◆ **Task brief**:
Find out how many lines of the material contain the string "have" and give only that figure.
* * *
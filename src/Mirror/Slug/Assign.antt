-- ===== src/Mirror/Slug/Assign.antt =====
-- workspace/pipelinemirror.go: which slug each pipeline of a workspace gets.
use workspace_api.Base.{
  ℕ, ◌+◌, ◌≡◌, refl, ap, ◌∙◌, Bool, true, false, not, ◌&&◌, List, [], ◌∷◌, ◌++◌, arith, Text, same,
  same_iff, same→eq, some, if◌then◌else◌, or_else, has, find, lookup, insert, lookup-insert, ltb,
  Map, Bool-cases, inl, inr,
}
use mathlib.Core.List.{Permᴰ}
use workspace_api.Model.{Pipeline}
use workspace_api.Postgres.{has_id}
use workspace_api.Mirror.Slug.{
  short_id, pipeline_file_slug, base_counts, assign_slugs, pipeline_file_slugs,
}

-- How many pipelines have a base slug, and the slug that this gives one of them.
unfoldable pub count : Text → List Pipeline → ℕ
count base [] = 0
count base (p ∷ ps) =
    let rest = count base ps in if same (pipeline_file_slug p) base then rest + 1 else rest

abbrev pub slug_in : ℕ → Pipeline → Text
slug_in group p =
    if ltb 1 group then pipeline_file_slug p ++ (b'-' ∷ short_id p.id) else pipeline_file_slug p

abbrev pub slug_among : List Pipeline → Pipeline → Text
slug_among ps p = slug_in (count (pipeline_file_slug p) ps) p

-- Ids are the primary key.
unfoldable pub distinct : List Pipeline → Bool
unfolding has
distinct [] = true
distinct (p ∷ ps) = not (has (has_id p.id) ps) && distinct ps

or_else-base_counts :
    (b : Text) (ps : List Pipeline) (counts : Map ℕ)
    → or_else (lookup b (base_counts ps counts)) 0 ≡ or_else (lookup b counts) 0 + count b ps
unfolding base_counts count
or_else-base_counts b [] counts = ground arith
or_else-base_counts b (p ∷ ps) counts =
    let s = pipeline_file_slug p in
    let n = or_else (lookup s counts) 0 + 1 in
    ground (
      arith,
      or_else-base_counts b ps (insert s n counts),
      lookup-insert s b n counts,
      same_iff s b,
    )

lookup-assign_slugs_other :
    (k : Text) (counts : Map ℕ) (ps : List Pipeline) (slugs : Map Text)
    → has (has_id k) ps ≡ false
    → lookup k (assign_slugs counts ps slugs) ≡ lookup k slugs
unfolding assign_slugs has
lookup-assign_slugs_other k counts [] slugs h = refl
lookup-assign_slugs_other k counts (p ∷ ps) slugs h =
    let s = slug_in (or_else (lookup (pipeline_file_slug p) counts) 0) p in
    ground (
      arith,
      lookup-assign_slugs_other k counts ps (insert p.id s slugs),
      lookup-insert p.id k s slugs,
    )

lookup-assign_slugs :
    (k : Text) (counts : Map ℕ) (ps : List Pipeline) (slugs : Map Text) (p : Pipeline)
    → distinct ps ≡ true
    → find (has_id k) ps ≡ some p
    → lookup k (assign_slugs counts ps slugs)
      ≡ some (slug_in (or_else (lookup (pipeline_file_slug p) counts) 0) p)
unfolding assign_slugs has find distinct
lookup-assign_slugs k counts [] slugs p d h = cc
lookup-assign_slugs k counts (q ∷ ps) slugs p d h =
    let s = slug_in (or_else (lookup (pipeline_file_slug q) counts) 0) q in
    elim (Bool-cases (same q.id k)) [
      | inl e ↦ ground (
        arith,
        same→eq q.id k e,
        lookup-assign_slugs_other k counts ps (insert q.id s slugs),
        lookup-insert q.id k s slugs,
      )
      | inr e ↦ lookup-assign_slugs k counts ps (insert q.id s slugs) p (ground arith) (rw e at h)
    ]

-- With distinct ids, each pipeline's slug is its base slug, with its short id behind it exactly if
-- another pipeline has the same base slug.
pub lookup-pipeline_file_slugs :
    (ps : List Pipeline) (k : Text) (p : Pipeline)
    → distinct ps ≡ true
    → find (has_id k) ps ≡ some p
    → lookup k (pipeline_file_slugs ps) ≡ some (slug_among ps p)
unfolding pipeline_file_slugs lookup
lookup-pipeline_file_slugs ps k p d h =
    let base = pipeline_file_slug p in
    lookup-assign_slugs k (base_counts ps []) ps [] p d h
    ∙ ap (λ n. some (slug_in n p)) (omega (arith, or_else-base_counts base ps []))

pub count-perm : {ps qs : List Pipeline} (b : Text) → Permᴰ ps qs → count b ps ≡ count b qs
unfolding count
count-perm b Permᴰ.nil = refl
count-perm b (Permᴰ.cons {a = a} {b = a'} e d) = ground (arith, e, count-perm b d)
count-perm b (Permᴰ.swap {a = x} {b = y} {l = l} e f) = ground arith
count-perm b (Permᴰ.trans d e) = count-perm b d ∙ count-perm b e
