-- ===== src/Mirror/Slug/Order.antt =====
-- workspace/pipelinemirror.go: slugs and the order of the pipelines, and when two slugs can be equal.
use workspace_api.Base.{
  or_else, ℕ, ◌≡◌, refl, ap, sym, ◌∙◌, true, false, List, [], ◌∷◌, ◌++◌, ◌⊎◌, length, suc, ◌≢◌,
  length-append, arith, Text, same_iff, same_sym, Option, some, if◌then◌else◌, has, find, lookup,
  ltb, Bool-cases, inl, inr,
}
use mathlib.Core.List.{Permᴰ, Perm}
use mathlib.Core.Logic.{∥∥₁_elim}
use workspace_api.Model.{Pipeline}
use workspace_api.Postgres.{has_id}
use workspace_api.Mirror.Slug.{pipeline_file_slugs, pipeline_file_slug, short_id}
use workspace_api.Mirror.Slug.Assign.{
  count, distinct, slug_in, slug_among, count-perm, lookup-pipeline_file_slugs,
}

has-perm : {ps qs : List Pipeline} (k : Text) → Permᴰ ps qs → has (has_id k) ps ≡ has (has_id k) qs
unfolding has
has-perm k Permᴰ.nil = refl
has-perm k (Permᴰ.cons {a = a} {b = b} e d) = ground (arith, e, has-perm k d)
has-perm k (Permᴰ.swap e f) = ground (arith, e, f)
has-perm k (Permᴰ.trans d e) = has-perm k d ∙ has-perm k e

distinct-perm : {ps qs : List Pipeline} → Permᴰ ps qs → distinct ps ≡ distinct qs
unfolding distinct has
distinct-perm Permᴰ.nil = refl
distinct-perm (Permᴰ.cons {a = a} {b = b} e d) = ground (arith, e, has-perm a.id d, distinct-perm d)
distinct-perm (Permᴰ.swap {a = a} {b = b} e f) = ground (arith, e, f, same_sym a.id b.id)
distinct-perm (Permᴰ.trans d e) = distinct-perm d ∙ distinct-perm e

find-perm :
    {ps qs : List Pipeline} (k : Text)
    → Permᴰ ps qs
    → distinct ps ≡ true
    → find (has_id k) ps ≡ find (has_id k) qs
unfolding distinct has find
find-perm k Permᴰ.nil h = refl
find-perm k (Permᴰ.cons {a = a} {b = b} e d) h = ground (arith, e, find-perm k d)
find-perm k (Permᴰ.swap {a = a} {b = b} e f) h =
    ground (arith, e, f, same_iff a.id k, same_iff b.id k, same_iff b.id a.id)
find-perm k (Permᴰ.trans d e) h = find-perm k d h ∙ find-perm k e (sym (distinct-perm d) ∙ h)

slugs_set : IsSet (Option Text)
slugs_set = hlevel

-- Of two lists with the same pipelines, in any order, the slug of a pipeline is the same.
pub pipeline_file_slugs-perm :
    (ps qs : List Pipeline) (k : Text) (p : Pipeline)
    → Perm ps qs
    → distinct ps ≡ true
    → find (has_id k) ps ≡ some p
    → lookup k (pipeline_file_slugs ps) ≡ lookup k (pipeline_file_slugs qs)
pipeline_file_slugs-perm ps qs k p perm d h = ∥∥₁_elim perm (slugs_set _ _) λ e.
    lookup-pipeline_file_slugs ps k p d h
    ∙ ap (λ n. some (slug_in n p)) (count-perm (pipeline_file_slug p) e)
    ∙ sym
        (lookup-pipeline_file_slugs qs k p (sym (distinct-perm e) ∙ d) (sym (find-perm k e d) ∙ h))

-- Ends of one length are the ends of equal texts.
append-inj : (a b s t : Text) → length s ≡ length t → a ++ s ≡ b ++ t → (a ≡ b) × (s ≡ t)
append-inj [] [] s t l e = (refl, e)
append-inj [] (c ∷ b) s t l e = absurd (omega (arith, ap length e, length-append (c ∷ b) t, l))
append-inj (c ∷ a) [] s t l e = absurd (omega (arith, ap length e, length-append (c ∷ a) s, l))
append-inj (c ∷ a) (d ∷ b) s t l e = ground (arith, append-inj a b s t l)

-- The slugs of two bases, with the sizes of their groups.
collision :
    (m n : ℕ) (a b s t : Text)
    → length s ≡ length t
    → (if ltb 1 m then a ++ (b'-' ∷ s) else a) ≡ (if ltb 1 n then b ++ (b'-' ∷ t) else b)
    → (s ≡ t) ⊎ (a ≡ b ++ (b'-' ∷ t)) ⊎ (b ≡ a ++ (b'-' ∷ s)) ⊎ ((a ≡ b) × (ltb 1 m ≡ false))
collision m n a b s t l e = elim (Bool-cases (ltb 1 m)) [
  | inl g ↦ elim (Bool-cases (ltb 1 n)) [
    | inl h ↦ ground (arith, append-inj a b (b'-' ∷ s) (b'-' ∷ t) (ap suc l) (rw (g, h) at e))
    | inr h ↦ inr (inr (inl (sym (rw (g, h) at e))))
  ]
  | inr g ↦ elim (Bool-cases (ltb 1 n)) [
    | inl h ↦ inr (inl (rw (g, h) at e))
    | inr h ↦ inr (inr (inr (rw (g, h) at e, g)))
  ]
]

-- A pipeline counts in its group.
count_found :
    (b : Text) (ps : List Pipeline) (i : Text) (p : Pipeline)
    → find (has_id i) ps ≡ some p
    → pipeline_file_slug p ≡ b
    → count b ps ≢ 0
unfolding count find
count_found b [] i p f e = cc
count_found b (x ∷ ps) i p f e =
    ground (arith, count_found b ps i p, same_iff (pipeline_file_slug x) b)

group_of_one :
    (b : Text) (ps : List Pipeline) (i j : Text) (p q : Pipeline)
    → ltb 1 (count b ps) ≡ false
    → find (has_id i) ps ≡ some p
    → find (has_id j) ps ≡ some q
    → pipeline_file_slug p ≡ b
    → pipeline_file_slug q ≡ b
    → p ≡ q
unfolding count find
group_of_one b [] i j p q h f g e k = cc
group_of_one b (x ∷ ps) i j p q h f g e k = ground (
  arith,
  group_of_one b ps i j p q,
  count_found b ps i p,
  count_found b ps j q,
  same_iff (pipeline_file_slug x) b,
)

some-inj : {A : Type 0} {a b : A} → ◌≡◌ {A = Option A} (some a) (some b) → a ≡ b
some-inj {a = a} h = ap (λ o. or_else o a) h

-- The slugs of two pipelines that are the same.
slug_among-collision :
    (ps : List Pipeline) (i j : Text) (p q : Pipeline)
    → find (has_id i) ps ≡ some p
    → find (has_id j) ps ≡ some q
    → length (short_id p.id) ≡ length (short_id q.id)
    → slug_among ps p ≡ slug_among ps q
    → (short_id p.id ≡ short_id q.id)
      ⊎ (pipeline_file_slug p ≡ pipeline_file_slug q ++ (b'-' ∷ short_id q.id))
      ⊎ (pipeline_file_slug q ≡ pipeline_file_slug p ++ (b'-' ∷ short_id p.id))
slug_among-collision ps i j p q f g l e =
    let bp = pipeline_file_slug p in
    let bq = pipeline_file_slug q in
    elim (collision (count bp ps) (count bq ps) bp bq (short_id p.id) (short_id q.id) l e) [
      | inl h ↦ inl h
      | inr (inl h) ↦ inr (inl h)
      | inr (inr (inl h)) ↦ inr (inr h)
      | inr (inr (inr (h, k))) ↦
          inl (ap (λ r. short_id r.id) (group_of_one bp ps i j p q k f g refl (sym h)))
    ]

-- Two pipelines of a workspace whose pipelines have distinct ids, with short ids of one length, get one
-- slug only if the short ids are the same, or the base slug of one is the other's base slug with the
-- other's short id behind it.
pub pipeline_file_slugs-collision :
    (ps : List Pipeline) (i j : Text) (p q : Pipeline)
    → distinct ps ≡ true
    → find (has_id i) ps ≡ some p
    → find (has_id j) ps ≡ some q
    → length (short_id p.id) ≡ length (short_id q.id)
    → lookup i (pipeline_file_slugs ps) ≡ lookup j (pipeline_file_slugs ps)
    → (short_id p.id ≡ short_id q.id)
      ⊎ (pipeline_file_slug p ≡ pipeline_file_slug q ++ (b'-' ∷ short_id q.id))
      ⊎ (pipeline_file_slug q ≡ pipeline_file_slug p ++ (b'-' ∷ short_id p.id))
pipeline_file_slugs-collision ps i j p q d f g l e = slug_among-collision ps i j p q f g l (
    some-inj
      (sym (lookup-pipeline_file_slugs ps i p d f) ∙ (e ∙ lookup-pipeline_file_slugs ps j q d g)))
* * *
◆ **Solution to this exercise**:
2